The rights of the prisoners are available under the provisions of following International Instruments, like:

• THE UNIVERSAL DECLARATION OF HUMAN RIGHTS, The UN General Assembly, on 10 December 1948 implemented the Universal Declaration of Human Rights (UDHR) to promote human rights in the world. It was mentioned under

a) Article 1 states that all human beings are born free and equal.
b) Article 2 states that everyone shall have the right, without dissimilarity of any kind, to all the rights and freedoms provided for in this Declaration.
c) Article 3 states that every person has the right to life, freedom, and personal security.
d) Article 5 states that no one shall be subjected to torture or inhuman treatment or punishment.
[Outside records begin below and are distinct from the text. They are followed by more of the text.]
-- ===== src/Topology/Merge/Clients.antt =====
-- The clients of a merged graph: the first report of each, at the access point that it resolves to.
use omm.Prelude.{
  String, ◌≡◌, refl, ◌∙◌, sym, ap, true, false, Bool-cases, inl, inr, Option, some, none, List, [],
  ◌∷◌, ◌++◌, map, ◌==◌, ◌||◌, if◌then◌else◌, is_empty, arith, eq_iff,
}
use mathlib.Core.Option
use omm.Topology.{Client, Graph}
use omm.Topology.Merge.{
  Merged, Addresses, has_client, add_clients, add_graph, add_reports, canon_client, canon, lookup,
  union_graphs, reconcile, merge_graphs, addr_to_id, empty_merged,
}

-- The first client of the MAC.
unfoldable pub find_client : String → List Client → Option Client
find_client mac [] = none
find_client mac (c ∷ cs) = if c.mac == mac then some c else find_client mac cs

-- The clients of the graphs in the order of the merge.
unfoldable pub clients_of : List Graph → List Client
clients_of [] = []
clients_of (g ∷ gs) = g.clients ++ clients_of gs

or_first : Option Client → Option Client → Option Client
or_first none other = other
or_first (some c) other = some c

find_client-append :
    (mac : String) (cs ds : List Client)
    → find_client mac (cs ++ ds) ≡ or_first (find_client mac cs) (find_client mac ds)
unfolding find_client or_first
find_client-append mac [] ds = refl
find_client-append mac (c ∷ cs) ds = elim (Bool-cases (c.mac == mac)) [
  | inl e ↦ rw e refl
  | inr e ↦ rw e (find_client-append mac cs ds)
]

append_nil : (cs : List Client) → cs ++ [] ≡ cs
append_nil [] = refl
append_nil (c ∷ cs) = ap (◌∷◌ c) (append_nil cs)

append_assoc : (xs ys zs : List Client) → (xs ++ ys) ++ zs ≡ xs ++ (ys ++ zs)
append_assoc [] ys zs = refl
append_assoc (x ∷ xs) ys zs = ap (◌∷◌ x) (append_assoc xs ys zs)

found_of_has :
    (mac : String) (cs : List Client)
    → has_client mac cs ≡ true
    → (c : Client) × (find_client mac cs ≡ some c)
unfolding find_client has_client
found_of_has mac [] h = cc
found_of_has mac (c ∷ cs) h = elim (Bool-cases (c.mac == mac)) [
  | inl e ↦ (c, rw e refl)
  | inr e ↦ let (d, at) = found_of_has mac cs (ground (arith, h, e)) in (d, rw e at)
]

-- A client that is there already changes nothing.
find_client-skip :
    (mac : String) (c : Client) (out cs : List Client)
    → has_client c.mac out ≡ true
    → find_client mac (out ++ c ∷ cs) ≡ find_client mac (out ++ cs)
unfolding find_client or_first
find_client-skip mac c out cs h =
    rw (find_client-append mac out (c ∷ cs), find_client-append mac out cs)
      (elim (Bool-cases (c.mac == mac)) [
        | inl e ↦
            let same : c.mac ≡ mac = (eq_iff c.mac mac).0 e in
            let (d, at) = found_of_has mac out (rw same at h) in rw at refl
        | inr e ↦
            let next : find_client mac (c ∷ cs) ≡ find_client mac cs = rw e refl in rw next refl
      ])

find_client-add_clients :
    (mac : String) (cs out : List Client)
    → find_client mac (add_clients cs out) ≡ find_client mac (out ++ cs)
unfolding add_clients
find_client-add_clients mac [] out = rw (append_nil out) refl
find_client-add_clients mac (c ∷ cs) out = elim (Bool-cases (has_client c.mac out)) [
  | inl e ↦
      rw (e, add_clients)
        (find_client-add_clients mac cs out ∙ sym (find_client-skip mac c out cs e))
  | inr e ↦
      rw (e, add_clients)
        (find_client-add_clients mac cs (out ++ c ∷ [])
          ∙ ap (find_client mac) (append_assoc out (c ∷ []) cs))
]

find_client-add_reports :
    (mac : String) (gs : List Graph) (m : Merged)
    → find_client mac (add_reports gs m).clients ≡ find_client mac (m.clients ++ clients_of gs)
unfolding add_reports add_graph clients_of
find_client-add_reports mac [] m = rw (append_nil m.clients) refl
find_client-add_reports mac (g ∷ gs) m =
    let rest = clients_of gs in
    find_client-add_reports mac gs (add_graph false g m)
    ∙ find_client-append mac (add_clients g.clients m.clients) rest
    ∙ ap (λ (o : Option Client). or_first o (find_client mac rest))
        (find_client-add_clients mac g.clients m.clients)
    ∙ sym (find_client-append mac (m.clients ++ g.clients) rest)
    ∙ ap (find_client mac) (append_assoc m.clients g.clients rest)

-- No MAC stands at two clients.
abbrev pub HasUniqueMacs : List Client → Type 0
HasUniqueMacs [] = Unit
HasUniqueMacs (c ∷ cs) = (has_client c.mac cs ≡ false) × HasUniqueMacs cs

has_client-end :
    (mac : String) (cs : List Client) (c : Client)
    → has_client mac (cs ++ c ∷ []) ≡ ((c.mac == mac) || has_client mac cs)
unfolding has_client
has_client-end mac [] c = refl
has_client-end mac (d ∷ cs) c = ground (arith, has_client-end mac cs c)

end-HasUniqueMacs :
    (cs : List Client) (c : Client)
    → has_client c.mac cs ≡ false
    → HasUniqueMacs cs
    → HasUniqueMacs (cs ++ c ∷ [])
unfolding has_client
end-HasUniqueMacs [] c h u = (refl, tt)
end-HasUniqueMacs (d ∷ cs) c h u = (
  ground (arith, has_client-end d.mac cs c, u.0, h, eq_iff d.mac c.mac, eq_iff c.mac d.mac),
  end-HasUniqueMacs cs c (ground (arith, h)) u.1,
)

add_clients-HasUniqueMacs :
    (cs out : List Client) → HasUniqueMacs out → HasUniqueMacs (add_clients cs out)
unfolding add_clients
add_clients-HasUniqueMacs [] out u = u
add_clients-HasUniqueMacs (c ∷ cs) out u = elim (Bool-cases (has_client c.mac out)) [
  | inl e ↦ rw (e, add_clients) (add_clients-HasUniqueMacs cs out u)
  | inr e ↦ rw (e, add_clients) (add_clients-HasUniqueMacs cs _ (end-HasUniqueMacs out c e u))
]

add_reports-HasUniqueMacs :
    (gs : List Graph) (m : Merged)
    → HasUniqueMacs m.clients
    → HasUniqueMacs (add_reports gs m).clients
unfolding add_reports add_graph
add_reports-HasUniqueMacs [] m u = u
add_reports-HasUniqueMacs (g ∷ gs) m u =
    add_reports-HasUniqueMacs gs (add_graph false g m)
      (add_clients-HasUniqueMacs g.clients m.clients u)

module _ (addrs : Addresses) where
  has_client-map :
      (mac : String) (cs : List Client)
      → has_client mac (map (canon_client addrs) cs) ≡ has_client mac cs
  unfolding has_client canon_client
  has_client-map mac [] = refl
  has_client-map mac (c ∷ cs) = ground (arith, has_client-map mac cs)

  map-HasUniqueMacs :
      (cs : List Client) → HasUniqueMacs cs → HasUniqueMacs (map (canon_client addrs) cs)
  unfolding canon_client
  map-HasUniqueMacs [] u = tt
  map-HasUniqueMacs (c ∷ cs) u = (has_client-map c.mac cs ∙ u.0, map-HasUniqueMacs cs u.1)

  find_client-map :
      (mac : String) (cs : List Client)
      → find_client mac (map (canon_client addrs) cs)
        ≡ Option.map (canon_client addrs) (find_client mac cs)
  unfolding find_client canon_client
  find_client-map mac [] = refl
  find_client-map mac (c ∷ cs) = elim (Bool-cases (c.mac == mac)) [
    | inl e ↦ rw e refl
    | inr e ↦ rw e (find_client-map mac cs)
  ]

canon_client_nil :
    (addrs : Addresses) (c : Client) → is_empty addrs ≡ true → canon_client addrs c ≡ c
unfolding canon_client canon lookup
canon_client_nil [] c h = refl
canon_client_nil (a ∷ addrs) c h = cc

map-canon_client_nil :
    (addrs : Addresses) (o : Option Client)
    → is_empty addrs ≡ true
    → Option.map (canon_client addrs) o ≡ o
map-canon_client_nil addrs none h = refl
map-canon_client_nil addrs (some c) h = ap some (canon_client_nil addrs c h)

reconcile_clients :
    (mac : String) (g : Graph)
    → HasUniqueMacs g.clients
    → (find_client mac (reconcile g).clients
        ≡ Option.map (canon_client (addr_to_id g.nodes [])) (find_client mac g.clients))
      × HasUniqueMacs (reconcile g).clients
unfolding reconcile
reconcile_clients mac g u = elim (Bool-cases (is_empty (addr_to_id g.nodes []))) [
  | inl e ↦
      rw e (sym (map-canon_client_nil (addr_to_id g.nodes []) (find_client mac g.clients) e), u)
  | inr e ↦ rw e (
    find_client-map (addr_to_id g.nodes []) mac g.clients,
    map-HasUniqueMacs (addr_to_id g.nodes []) g.clients u,
  )
]

first_graph :
    (mac : String) (local : Graph) (rest : List Client)
    → find_client mac (add_clients local.clients [] ++ rest)
      ≡ find_client mac (local.clients ++ rest)
first_graph mac local rest =
    find_client-append mac (add_clients local.clients []) rest
    ∙ ap (λ (o : Option Client). or_first o (find_client mac rest))
        (find_client-add_clients mac local.clients [])
    ∙ sym (find_client-append mac local.clients rest)

-- The merged graph has a client once, as the first graph that has it reports it, with its
-- access point resolved to the id of a node.
pub merge_graphs_clients :
    (local : Graph) (reports : List Graph) (mac : String)
    → (find_client mac (merge_graphs local reports).clients
        ≡ Option.map
            (canon_client (addr_to_id (union_graphs local reports).nodes []))
            (find_client mac (clients_of (local ∷ reports))))
      × HasUniqueMacs (merge_graphs local reports).clients
unfolding merge_graphs union_graphs clients_of add_graph
merge_graphs_clients local reports mac =
    let first = add_graph true local empty_merged in
    let unique =
      add_reports-HasUniqueMacs reports first (add_clients-HasUniqueMacs local.clients [] tt) in
    let (found, all) = reconcile_clients mac (union_graphs local reports) unique in
    let same : find_client mac (union_graphs local reports).clients
        ≡ find_client mac (clients_of (local ∷ reports)) =
      find_client-add_reports mac reports first ∙ first_graph mac local (clients_of reports) in
    (
      found
          ∙ ap (Option.map (canon_client (addr_to_id (union_graphs local reports).nodes []))) same,
      all,
    )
• THE INTERNATIONAL COVENANT ON CIVIL AND POLITICAL RIGHTS: The ICCPR offers every person the right to life, whether he is a prisoner or a liberator. It states that the law protects this right and nobody is forcibly deprived of his or her life. Under Article 7 of ICCPR, no one shall be tortured or subjected to cruel, inhuman, or humiliating treatment or punishment. And under, Article 10, all people deprived of their freedom should be treated with humanity and with respect for the human person's inherent dignity.

• THE EUROPEAN CONVENTION FOR THE PREVENTION OF TORTURE AND INHUMAN OR DEGRADING TREATMENT OR PUNISHMENT: The Convention establishes the European Committee for Torture Prevention and Inhuman or Degrading Treatment or Punishment. The committee may visit all custody places, justified by the convention. Once a state government has been informed of the Committee's intention to conduct a visit, it must allow access to the territory with the right to free travel without restriction, full information about the facility in question, unlimited access to the facility, and free movement within it, the right to interview any person held in the facility freely communicates with any person who believes that they can provide relevant information and access to any other information that the Committee considers necessary to carry out its task. All collected information is confidential.

• UNITED NATIONS BASIC PRINCIPLES FOR THE TREATMENT OF PRISONERS: The basic principles for the treatment of prisoners of the United Nations provide that all prisoners should be treated without distinction of any kind, with due respect for their inherent dignity and value as human beings. They should be rendered following all human rights and fundamental freedoms laid down in internationally recognized instruments except for freedom of movement.

Conclusion

Thus, from the above discussion it can be concluded that even a prisoner has basic human rights which cannot be taken away from him. The police and prison authorities should be trained in such a manner that they respect the prisoner’s right and don’t subject them to any further aggravation.